It's all about taking advantage of what you've got and making the right thing really easy. A horse will learn very quickly that standing is the much more pleasant thing to do. After a couple days of this, I can generally then tie a horse for grooming. I may still work the horse before hand, but i'll tie to groom. When the horse is great with that, I go straight to grooming.


----------



## Hayden69 (Mar 19, 2014)

Has anyone tried the pawing bracelet? Was thinking about giving it a try, but didn't know if it was worth buying.


----------



## Palomine (Oct 30, 2010)

Not a fan of making a horse move when the objective is for it to stand still.

I don't let them get started, if an older horse, will work with voice, and may tap leg with whip that is doing the offending.

I also suggest teaching a "be still" command, use whatever wording you want, I've used anything from "be still" to get on your feet, park out, stay, quit it, plant 'em...and a combo of all if needed.

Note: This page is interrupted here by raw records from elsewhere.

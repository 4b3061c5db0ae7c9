-- ===== src/Page/Space.antt =====
-- The space of a page of src/page.rs, between its slots and its cells.
use nutdb.Prelude.{
  ℕ, ◌+◌, ◌-◌, ◌*◌, ◌/◌, ◌%◌, ◌^◌, ◌≤◌, ◌<◌, ◌≡◌, ◌⊎◌, refl, ap, ◌∙◌, inl, Bool, true, false, not,
  [], ◌∷◌, arith, length, ltb, if◌then◌else◌,
}
use nutdb.Prelude.Io.{Error, ErrorKind, Result, ok, err, input}
use nutdb.Bytes.{Bytes}
use nutdb.Page.Buffer.{byte_at, write_at, get_u16, put_u16, length-write_at, byte_at-write_at}
use nutdb.Page.{SlottedPage, count_of, front_of, back_of, place, insert}

-- A page is full size, its slots end where the header says, and no slot lies among the cells.
pub record IsPage (page : SlottedPage) : Type 0 where
  pub size : length page.bytes ≡ 4096
  pub slots : front_of page ≡ 16 + count_of page * 2
  pub ordered : front_of page ≤ back_of page
  pub fits : back_of page ≤ 4096

-- A write beside a field leaves it.
get_u16-write_at :
    (offset q : ℕ) (new bytes : Bytes)
    → offset + length new ≤ length bytes
    → (q + 2 ≤ offset) ⊎ (offset + length new ≤ q)
    → get_u16 (write_at offset new bytes) q ≡ get_u16 bytes q
unfolding get_u16
get_u16-write_at offset q new bytes h apart = ground (
  arith,
  byte_at-write_at offset new bytes q h,
  byte_at-write_at offset new bytes (q + 1) h,
  apart,
)

get_u16-put_u16 :
    (offset value : ℕ) (bytes : Bytes)
    → offset + 2 ≤ length bytes
    → value < 65536
    → get_u16 (put_u16 offset value bytes) offset ≡ value
unfolding get_u16 put_u16 byte_at
get_u16-put_u16 offset value bytes h small =
    let pair = value % 256 ∷ value / 256 % 256 ∷ [] in
    let zero_off : offset - offset ≡ 0 = omega arith in
    let one_off : offset + 1 - offset ≡ 1 = omega arith in
    let low = byte_at-write_at offset pair bytes offset h in
    let high = byte_at-write_at offset pair bytes (offset + 1) h in
    ground (arith, low, high, ap (byte_at pair) zero_off, ap (byte_at pair) one_off, small)

put_u16-apart :
    (offset q value : ℕ) (bytes : Bytes)
    → offset + 2 ≤ length bytes
    → (q + 2 ≤ offset) ⊎ (offset + 2 ≤ q)
    → get_u16 (put_u16 offset value bytes) q ≡ get_u16 bytes q
unfolding put_u16
put_u16-apart offset q value bytes h apart = get_u16-write_at offset q _ bytes h apart

length-put_u16 :
    (offset value : ℕ) (bytes : Bytes) → length (put_u16 offset value bytes) ≡ length bytes
unfolding put_u16
length-put_u16 offset value bytes = length-write_at offset _ bytes

-- The header after a header of three fields is written.
header_fields :
    (count front back : ℕ) (bytes : Bytes)
    → 12 ≤ length bytes
    → count < 65536
    → front < 65536
    → back < 65536
    → (get_u16 (put_u16 10 back (put_u16 8 front (put_u16 6 count bytes))) 6 ≡ count)
      × (get_u16 (put_u16 10 back (put_u16 8 front (put_u16 6 count bytes))) 8 ≡ front)
      × (get_u16 (put_u16 10 back (put_u16 8 front (put_u16 6 count bytes))) 10 ≡ back)
header_fields count front back bytes h c f b =
    let one = put_u16 6 count bytes in
    let two = put_u16 8 front one in
    let size_one = length-put_u16 6 count bytes in
    let size_two = length-put_u16 8 front one in
    let room_one : 8 + 2 ≤ length one = omega (arith, size_one, h) in
    let room_two : 10 + 2 ≤ length two = omega (arith, size_one, size_two, h) in
    (
      put_u16-apart 10 6 back two room_two (inl (omega arith))
          ∙ put_u16-apart 8 6 front one room_one (inl (omega arith))
          ∙ get_u16-put_u16 6 count bytes (omega (arith, h)) c,
      put_u16-apart 10 8 back two room_two (inl (omega arith))
          ∙ get_u16-put_u16 8 front one room_one f,
      get_u16-put_u16 10 back two room_two b,
    )

place-IsPage :
    (page : SlottedPage) (cell : Bytes) (cell_at : ℕ)
    → IsPage page
    → front_of page + 2 ≤ cell_at
    → cell_at ≤ 4096
    → IsPage (place cell cell_at page)
      × (count_of (place cell cell_at page) ≡ count_of page + 1)
      × (back_of (place cell cell_at page) ≡ cell_at)
unfolding place count_of front_of back_of
place-IsPage page cell cell_at h low high =
    let sized = put_u16 cell_at (length cell) page.bytes in
    let filled = write_at (cell_at + 2) cell sized in
    let slotted = put_u16 (front_of page) cell_at filled in
    let counted = put_u16 6 (count_of page + 1) slotted in
    let fronted = put_u16 8 (front_of page + 2) counted in
    let size =
      length-put_u16 (front_of page) cell_at filled
      ∙ length-write_at (cell_at + 2) cell sized
      ∙ length-put_u16 cell_at (length cell) page.bytes
      ∙ h.size in
    let small : count_of page + 1 < 65536 = omega (arith, h.slots, low, high) in
    let (count, front, back) =
      header_fields (count_of page + 1) (front_of page + 2) cell_at slotted (omega (arith, size))
        small (omega (arith, low, high)) (omega (arith, high)) in
    (
      record {
        size =
            length-put_u16 10 cell_at fronted
            ∙ length-put_u16 8 (front_of page + 2) counted
            ∙ length-put_u16 6 (count_of page + 1) slotted
            ∙ size;
        slots = omega (arith, count, front, h.slots);
        ordered = omega (arith, front, back, low);
        fits = omega (arith, back, high);
      },
      count,
      back,
    )

-- A page as it was, with an error, or one that holds a cell more.
unfoldable pub Inserted : Bytes → SlottedPage → Result (Unit {0}) × SlottedPage → Type 0
Inserted cell page (err e, page') = page' ≡ page
Inserted cell page (ok _, page') =
    IsPage page'
    × (count_of page' ≡ count_of page + 1)
    × (back_of page' + 2 + length cell ≡ back_of page)

Inserted-if :
    (cell : Bytes) (page : SlottedPage) (b : Bool) (x y : Result (Unit {0}) × SlottedPage)
    → (b ≡ true → Inserted cell page x)
    → (b ≡ false → Inserted cell page y)
    → Inserted cell page (if b then x else y)
Inserted-if cell page true x y h k = h refl
Inserted-if cell page false x y h k = k refl

Inserted-refused :
    (cell : Bytes) (page : SlottedPage) (e : Error) → Inserted cell page (err e, page)
unfolding Inserted
Inserted-refused cell page e = refl

Inserted-placed :
    (page : SlottedPage) (cell : Bytes)
    → IsPage page
    → ltb (back_of page - front_of page) (4 + length cell) ≡ false
    → Inserted cell page (ok tt, place cell (back_of page - 2 - length cell) page)
unfolding Inserted
Inserted-placed page cell h room =
    let cell_at = back_of page - 2 - length cell in
    let space : 4 + length cell ≤ back_of page - front_of page = ground (arith, room) in
    let (page', count, back) =
      place-IsPage page cell cell_at h (omega (arith, space)) (omega (arith, h.fits)) in
    (page', count, omega (arith, back, space))

-- Inserting a cell into a page that is full size, whose slots end where its header says and before
-- its cells, gives an error and leaves the page, or gives such a page with one slot more, whose
-- cells begin earlier by the bytes of the cell and two.
pub insert-Inserted :
    (page : SlottedPage) (cell : Bytes) → IsPage page → Inserted cell page (insert cell page)
unfolding insert
insert-Inserted page cell h =
    let full = ltb (back_of page - front_of page) (4 + length cell) in
    let refused : Result (Unit {0}) × SlottedPage =
      (err (record { kind = ErrorKind.write_zero; message = "page: no free space" }), page) in
    let placed : Result (Unit {0}) × SlottedPage =
      (ok tt, place cell (back_of page - 2 - length cell) page) in
    Inserted-if cell page (not (ltb (length cell) (2 ^ 16))) (input "page: cell too large", page)
      (if full then refused else placed) (λ _. Inserted-refused cell page _)
      λ _.
        Inserted-if cell page full refused placed (λ _. Inserted-refused cell page _)
          (Inserted-placed page cell h)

But horses are perfectly capable of standing still for hours if the boss mare wants to. They can do it for you.


----------



## Palomine (Oct 30, 2010)

Hayden69 said:


> Has anyone tried the pawing bracelet? Was thinking about giving it a try, but didn't know if it was worth buying.


Can do it, but the root is still going to be there, as horse will know when it is on, and not on.

Best to deal with it and stop behavior.

And if the pawing bracelet you are talking about is what I think it is? Gimmick.


----------



## Saddlebag (Jan 17, 2011)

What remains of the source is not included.